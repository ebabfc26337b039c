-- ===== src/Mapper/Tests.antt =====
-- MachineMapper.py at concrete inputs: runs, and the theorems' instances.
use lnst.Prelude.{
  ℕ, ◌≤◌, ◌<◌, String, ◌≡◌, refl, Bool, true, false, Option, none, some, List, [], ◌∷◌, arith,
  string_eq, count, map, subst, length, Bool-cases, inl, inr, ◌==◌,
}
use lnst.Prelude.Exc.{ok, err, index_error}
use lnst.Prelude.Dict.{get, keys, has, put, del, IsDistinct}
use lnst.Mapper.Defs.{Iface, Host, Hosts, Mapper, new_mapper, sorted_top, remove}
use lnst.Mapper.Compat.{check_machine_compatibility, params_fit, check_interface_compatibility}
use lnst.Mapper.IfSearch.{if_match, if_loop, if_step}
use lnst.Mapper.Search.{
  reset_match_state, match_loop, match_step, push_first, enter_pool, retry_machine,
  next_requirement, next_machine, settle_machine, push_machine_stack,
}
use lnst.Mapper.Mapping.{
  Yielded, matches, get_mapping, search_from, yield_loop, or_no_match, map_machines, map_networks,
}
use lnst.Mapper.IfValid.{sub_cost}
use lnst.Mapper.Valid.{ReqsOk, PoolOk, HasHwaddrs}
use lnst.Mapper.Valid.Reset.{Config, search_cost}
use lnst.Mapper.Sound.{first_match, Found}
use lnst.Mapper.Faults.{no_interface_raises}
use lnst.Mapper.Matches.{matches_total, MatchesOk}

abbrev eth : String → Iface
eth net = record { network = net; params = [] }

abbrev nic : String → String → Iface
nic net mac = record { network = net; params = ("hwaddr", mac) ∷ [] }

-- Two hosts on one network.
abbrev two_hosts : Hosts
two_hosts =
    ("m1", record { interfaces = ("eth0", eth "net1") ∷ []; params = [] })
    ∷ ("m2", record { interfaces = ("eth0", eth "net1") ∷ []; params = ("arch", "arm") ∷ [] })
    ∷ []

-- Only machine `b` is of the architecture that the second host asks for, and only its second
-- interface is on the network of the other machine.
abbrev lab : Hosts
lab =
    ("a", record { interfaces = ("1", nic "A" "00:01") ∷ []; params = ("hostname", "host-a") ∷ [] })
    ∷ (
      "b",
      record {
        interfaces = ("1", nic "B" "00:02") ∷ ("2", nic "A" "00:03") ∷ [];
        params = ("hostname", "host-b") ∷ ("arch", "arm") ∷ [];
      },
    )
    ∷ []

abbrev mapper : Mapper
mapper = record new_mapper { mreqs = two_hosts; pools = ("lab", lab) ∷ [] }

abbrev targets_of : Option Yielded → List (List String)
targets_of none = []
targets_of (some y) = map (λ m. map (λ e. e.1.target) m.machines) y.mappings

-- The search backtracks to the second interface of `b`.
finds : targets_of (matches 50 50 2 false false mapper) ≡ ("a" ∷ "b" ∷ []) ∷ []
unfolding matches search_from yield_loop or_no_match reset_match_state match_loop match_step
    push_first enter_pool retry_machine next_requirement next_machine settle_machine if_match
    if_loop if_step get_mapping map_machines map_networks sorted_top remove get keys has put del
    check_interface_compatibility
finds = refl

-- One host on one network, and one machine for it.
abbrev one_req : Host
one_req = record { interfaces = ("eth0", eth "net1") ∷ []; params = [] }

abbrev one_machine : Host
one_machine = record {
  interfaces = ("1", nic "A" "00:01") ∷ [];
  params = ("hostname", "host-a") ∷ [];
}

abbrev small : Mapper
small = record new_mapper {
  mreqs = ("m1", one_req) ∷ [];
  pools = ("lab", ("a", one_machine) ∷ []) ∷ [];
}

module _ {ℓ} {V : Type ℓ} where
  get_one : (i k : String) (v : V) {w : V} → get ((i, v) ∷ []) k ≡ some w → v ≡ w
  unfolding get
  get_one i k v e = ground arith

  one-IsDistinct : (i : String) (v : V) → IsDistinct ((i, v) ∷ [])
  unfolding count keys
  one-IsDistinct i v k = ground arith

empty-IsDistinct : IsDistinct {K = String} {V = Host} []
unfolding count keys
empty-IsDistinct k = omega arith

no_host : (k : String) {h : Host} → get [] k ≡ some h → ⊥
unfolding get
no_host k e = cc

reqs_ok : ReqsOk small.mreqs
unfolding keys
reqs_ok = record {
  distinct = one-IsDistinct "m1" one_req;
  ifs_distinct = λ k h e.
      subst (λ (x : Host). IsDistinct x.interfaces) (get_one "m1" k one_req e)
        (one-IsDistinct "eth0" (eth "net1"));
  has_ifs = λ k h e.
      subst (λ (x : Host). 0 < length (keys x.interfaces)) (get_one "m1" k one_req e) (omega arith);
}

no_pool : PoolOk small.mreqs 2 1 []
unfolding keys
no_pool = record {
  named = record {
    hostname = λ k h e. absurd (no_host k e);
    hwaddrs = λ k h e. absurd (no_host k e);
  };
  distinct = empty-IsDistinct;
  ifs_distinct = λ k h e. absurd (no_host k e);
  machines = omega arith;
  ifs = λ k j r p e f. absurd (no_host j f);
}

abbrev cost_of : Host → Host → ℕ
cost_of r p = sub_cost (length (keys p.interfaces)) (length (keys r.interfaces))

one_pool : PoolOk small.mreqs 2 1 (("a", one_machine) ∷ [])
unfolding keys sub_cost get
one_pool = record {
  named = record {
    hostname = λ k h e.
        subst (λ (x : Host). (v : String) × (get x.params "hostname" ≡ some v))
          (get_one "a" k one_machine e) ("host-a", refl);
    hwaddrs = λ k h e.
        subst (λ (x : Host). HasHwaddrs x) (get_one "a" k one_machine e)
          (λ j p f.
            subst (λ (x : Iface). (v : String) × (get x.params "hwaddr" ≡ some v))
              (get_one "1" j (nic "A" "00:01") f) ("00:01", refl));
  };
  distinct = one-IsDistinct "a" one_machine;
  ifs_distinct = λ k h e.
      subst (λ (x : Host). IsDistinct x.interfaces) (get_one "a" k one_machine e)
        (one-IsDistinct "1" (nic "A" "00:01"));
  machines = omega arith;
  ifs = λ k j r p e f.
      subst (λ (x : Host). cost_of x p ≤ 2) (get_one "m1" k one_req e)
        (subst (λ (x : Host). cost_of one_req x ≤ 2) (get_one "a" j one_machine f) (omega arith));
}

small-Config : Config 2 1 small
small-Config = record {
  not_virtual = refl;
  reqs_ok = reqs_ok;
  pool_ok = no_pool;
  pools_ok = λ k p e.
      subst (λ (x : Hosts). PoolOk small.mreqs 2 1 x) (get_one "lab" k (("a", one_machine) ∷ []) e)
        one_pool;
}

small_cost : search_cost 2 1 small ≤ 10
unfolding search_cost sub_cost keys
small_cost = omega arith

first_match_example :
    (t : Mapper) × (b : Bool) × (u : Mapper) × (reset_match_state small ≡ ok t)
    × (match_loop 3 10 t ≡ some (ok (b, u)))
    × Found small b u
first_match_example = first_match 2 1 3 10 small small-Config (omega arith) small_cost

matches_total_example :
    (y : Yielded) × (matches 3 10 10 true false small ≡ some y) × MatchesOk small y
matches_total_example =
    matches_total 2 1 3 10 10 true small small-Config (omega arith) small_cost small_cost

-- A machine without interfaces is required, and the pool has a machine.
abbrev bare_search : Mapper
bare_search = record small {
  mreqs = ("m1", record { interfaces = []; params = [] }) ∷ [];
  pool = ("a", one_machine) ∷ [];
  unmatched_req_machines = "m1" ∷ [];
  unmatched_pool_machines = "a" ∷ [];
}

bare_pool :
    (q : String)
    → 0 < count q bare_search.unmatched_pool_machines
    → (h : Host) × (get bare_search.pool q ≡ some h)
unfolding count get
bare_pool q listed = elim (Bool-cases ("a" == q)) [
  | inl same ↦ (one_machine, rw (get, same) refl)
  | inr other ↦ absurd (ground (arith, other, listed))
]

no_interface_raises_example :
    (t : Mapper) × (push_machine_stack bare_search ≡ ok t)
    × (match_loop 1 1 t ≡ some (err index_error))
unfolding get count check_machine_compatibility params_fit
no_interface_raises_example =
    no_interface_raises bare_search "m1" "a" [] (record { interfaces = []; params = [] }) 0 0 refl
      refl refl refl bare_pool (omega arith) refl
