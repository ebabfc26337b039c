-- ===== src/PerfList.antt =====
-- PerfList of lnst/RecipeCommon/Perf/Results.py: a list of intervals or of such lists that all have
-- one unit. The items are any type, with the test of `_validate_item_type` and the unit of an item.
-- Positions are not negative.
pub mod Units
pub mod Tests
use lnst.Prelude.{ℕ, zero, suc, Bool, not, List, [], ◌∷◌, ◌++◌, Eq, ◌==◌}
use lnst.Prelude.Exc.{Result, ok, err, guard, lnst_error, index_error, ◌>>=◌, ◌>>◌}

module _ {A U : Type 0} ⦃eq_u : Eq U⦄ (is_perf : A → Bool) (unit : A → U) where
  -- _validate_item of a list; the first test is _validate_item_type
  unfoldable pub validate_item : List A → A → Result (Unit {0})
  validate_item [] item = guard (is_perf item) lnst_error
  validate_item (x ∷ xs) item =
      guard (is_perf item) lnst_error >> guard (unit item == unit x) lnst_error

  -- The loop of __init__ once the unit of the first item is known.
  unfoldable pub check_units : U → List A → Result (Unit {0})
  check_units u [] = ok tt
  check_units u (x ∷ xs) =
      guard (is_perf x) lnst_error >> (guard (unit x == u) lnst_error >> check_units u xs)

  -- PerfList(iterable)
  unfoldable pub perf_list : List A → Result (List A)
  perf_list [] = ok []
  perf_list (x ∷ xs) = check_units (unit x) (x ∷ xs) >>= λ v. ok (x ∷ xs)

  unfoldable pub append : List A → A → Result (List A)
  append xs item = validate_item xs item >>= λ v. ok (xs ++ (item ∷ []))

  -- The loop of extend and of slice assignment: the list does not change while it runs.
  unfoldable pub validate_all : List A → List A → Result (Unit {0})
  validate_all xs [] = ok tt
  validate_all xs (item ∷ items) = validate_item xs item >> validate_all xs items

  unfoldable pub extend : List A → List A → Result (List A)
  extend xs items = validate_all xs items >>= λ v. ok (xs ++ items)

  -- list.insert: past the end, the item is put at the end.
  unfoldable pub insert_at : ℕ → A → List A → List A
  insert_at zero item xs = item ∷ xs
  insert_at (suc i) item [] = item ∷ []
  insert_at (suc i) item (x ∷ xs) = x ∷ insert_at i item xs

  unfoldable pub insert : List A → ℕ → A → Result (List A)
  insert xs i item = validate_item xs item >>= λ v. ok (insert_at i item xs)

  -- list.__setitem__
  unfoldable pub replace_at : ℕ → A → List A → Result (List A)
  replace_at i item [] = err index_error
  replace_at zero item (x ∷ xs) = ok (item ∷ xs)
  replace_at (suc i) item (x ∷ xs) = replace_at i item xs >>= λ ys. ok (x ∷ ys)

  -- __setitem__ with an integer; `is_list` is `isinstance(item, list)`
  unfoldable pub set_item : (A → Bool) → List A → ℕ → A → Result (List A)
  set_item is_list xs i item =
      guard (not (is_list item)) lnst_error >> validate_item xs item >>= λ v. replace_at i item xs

◆ ◆ ◆ ◆ ◆

• Task: Transcribe the records from their first line. Stop after the line with "mapper = record", including it.

• Final answer:
repository ebabfc26337b039c
-- ===== src/Mapper/Tests.antt =====
-- MachineMapper.py at concrete inputs: runs, and the theorems' instances.
use lnst.Prelude.{
  ℕ, ◌≤◌, ◌<◌, String, ◌≡◌, refl, Bool, true, false, Option, none, some, List, [], ◌∷◌, arith,
  string_eq, count, map, subst, length, Bool-cases, inl, inr, ◌==◌,
}
use lnst.Prelude.Exc.{ok, err, index_error}
use lnst.Prelude.Dict.{get, keys, has, put, del, IsDistinct}
use lnst.Mapper.Defs.{Iface, Host, Hosts, Mapper, new_mapper, sorted_top, remove}
use lnst.Mapper.Compat.{check_machine_compatibility, params_fit, check_interface_compatibility}
use lnst.Mapper.IfSearch.{if_match, if_loop, if_step}
use lnst.Mapper.Search.{
  reset_match_state, match_loop, match_step, push_first, enter_pool, retry_machine,
  next_requirement, next_machine, settle_machine, push_machine_stack,
}
use lnst.Mapper.Mapping.{
  Yielded, matches, get_mapping, search_from, yield_loop, or_no_match, map_machines, map_networks,
}
use lnst.Mapper.IfValid.{sub_cost}
use lnst.Mapper.Valid.{ReqsOk, PoolOk, HasHwaddrs}
use lnst.Mapper.Valid.Reset.{Config, search_cost}
use lnst.Mapper.Sound.{first_match, Found}
use lnst.Mapper.Faults.{no_interface_raises}
use lnst.Mapper.Matches.{matches_total, MatchesOk}

abbrev eth : String → Iface
eth net = record { network = net; params = [] }

abbrev nic : String → String → Iface
nic net mac = record { network = net; params = ("hwaddr", mac) ∷ [] }

-- Two hosts on one network.
abbrev two_hosts : Hosts
two_hosts =
    ("m1", record { interfaces = ("eth0", eth "net1") ∷ []; params = [] })
    ∷ ("m2", record { interfaces = ("eth0", eth "net1") ∷ []; params = ("arch", "arm") ∷ [] })
    ∷ []

-- Only machine `b` is of the architecture that the second host asks for, and only its second
-- interface is on the network of the other machine.
abbrev lab : Hosts
lab =
    ("a", record { interfaces = ("1", nic "A" "00:01") ∷ []; params = ("hostname", "host-a") ∷ [] })
    ∷ (
      "b",
      record {
        interfaces = ("1", nic "B" "00:02") ∷ ("2", nic "A" "00:03") ∷ [];
        params = ("hostname", "host-b") ∷ ("arch", "arm") ∷ [];
      },
    )
    ∷ []

abbrev mapper : Mapper
mapper = record new_mapper { mreqs = two_hosts; pools = ("lab", lab) ∷ [] }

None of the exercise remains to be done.